|Source||CMES: Computer Modeling in Engineering & Sciences, Vol. 109, No. 5, pp. 447-479, 2015|
|Download||Full length paper in PDF format. Size = 1,367,057 bytes|
|Keywords||Shape rolling, thermo-mechanics, meshless, radial basis functions, strong form, deformation, steel.|
The aim of this paper is to demonstrate the use of the novel Local Radial Basis Function Collocation Method (LRBFCM) [Šarler and Vertnik (2006)] in an industrial coupled thermo-mechanical problem of hot shape rolling of steel. The physical concept of such a large deformation problem is based on a two dimensional traveling slice model [Glowacki (2005)], which assumes deformation and heat flow only in the perpendicular direction to rolling.

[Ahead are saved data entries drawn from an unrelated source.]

-- ===== src/Pools/Samples.antt =====
-- Tests and witnesses of the elective pools.
use intelli_study_planner_br.Base.{
  pos, ◌≡◌, refl, true, false, Option, none, some, [], ◌∷◌, Text, codes, all,
}
use intelli_study_planner_br.Pools.{
  Subject, Catalog, Pool, named_list, prefix_level, level_of, normalized, resolve_pool_candidates,
  named_codes, open_codes, configured_levels, normalize_code, entry_of, has_level, matches_prefixes,
  is_general_schedule,
}
use intelli_study_planner_br.Pools.Allowed.{is_candidate, resolve_pool_candidates-allowed}

abbrev subject : Text → Option Text → Subject
subject code level = record { code = some code; subject_level = level; tags = [] }

abbrev catalog : Catalog
catalog =
    (codes "CSIT110", subject (codes "CSIT110") none)
    ∷ (codes "CSIT214", subject (codes "CSIT214") (some (codes "200 level")))
    ∷ (codes "CSCI991", subject (codes "CSCI991") none)
    ∷ []

abbrev pool : Pool
pool = record {
  mode = prefix_level;
  codes_named = [];
  prefixes = codes "cs" ∷ [];
  include_general_schedule = false;
  level_rules = (some (pos 200) ∷ none ∷ some (pos 900) ∷ []) ∷ [];
}

narrows : resolve_pool_candidates pool catalog [] ≡ codes "CSIT214" ∷ []
unfolding resolve_pool_candidates open_codes configured_levels normalize_code has_level level_of
    matches_prefixes is_general_schedule
narrows = refl

named :
    resolve_pool_candidates
      (record pool {
        mode = named_list;
        codes_named = codes "csit 110" ∷ codes "CSCI991" ∷ codes "CSIT214" ∷ [];
      })
      catalog
      (codes "csit214" ∷ [])
    ≡ codes "CSIT110" ∷ []
unfolding resolve_pool_candidates named_codes normalize_code has_level level_of entry_of
named = refl

unknown_level : level_of (subject (codes "CSIT110") (some (codes "first year"))) ≡ none
unfolding level_of
unknown_level = refl

resolve_pool_candidates-allowed_example :
    all
      (is_candidate catalog (normalized (codes "csit110" ∷ [])))
      (resolve_pool_candidates pool catalog (codes "csit110" ∷ []))
    ≡ true
resolve_pool_candidates-allowed_example =
    resolve_pool_candidates-allowed pool catalog (codes "csit110" ∷ [])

The solution is performed based on strong formulation. Elliptic Node Generation (ENG) is applied to reposition the nodes over a slice when necessary in order to sustain stability throughout the simulation. Coupled mechanical equilibrium steady Navier-Cauchy equations for a quasi-elastic material with temperature dependent material properties and the transient heat conduction equations are considered. The displacement and traction boundary conditions are assumed in the mechanical model and Dirichlet and Neumann boundary conditions in the thermal model, both specific for hot shape rolling. The solution procedure for mechanical model is based on local collocation on seven nodded influence domains with multiquadrics radial basis functions, augmented with the first order polynomials. Five nodded subdomains and explicit time-stepping are used in the thermal model. The elements of the thermomechanical LRBFCM model are tested on 3 different test cases: bending of a cantilever beam, compression and convective cooling. The results are compared with either FEM or analytical solution. The LRBFCM results of hot shape rolling of steel for a continuous 5 stand rolling mill are presented for the case of rolling of a rectangular billet from initial dimension 80 mm x 95 mm to a circular bar with a diameter of 60 mm. The advantage of the meshless method is in accuracy and straightforward node generation that does not require any polygonisation. The paper presents one of the increasingly emerging examples of the industrial use of LRBFCM.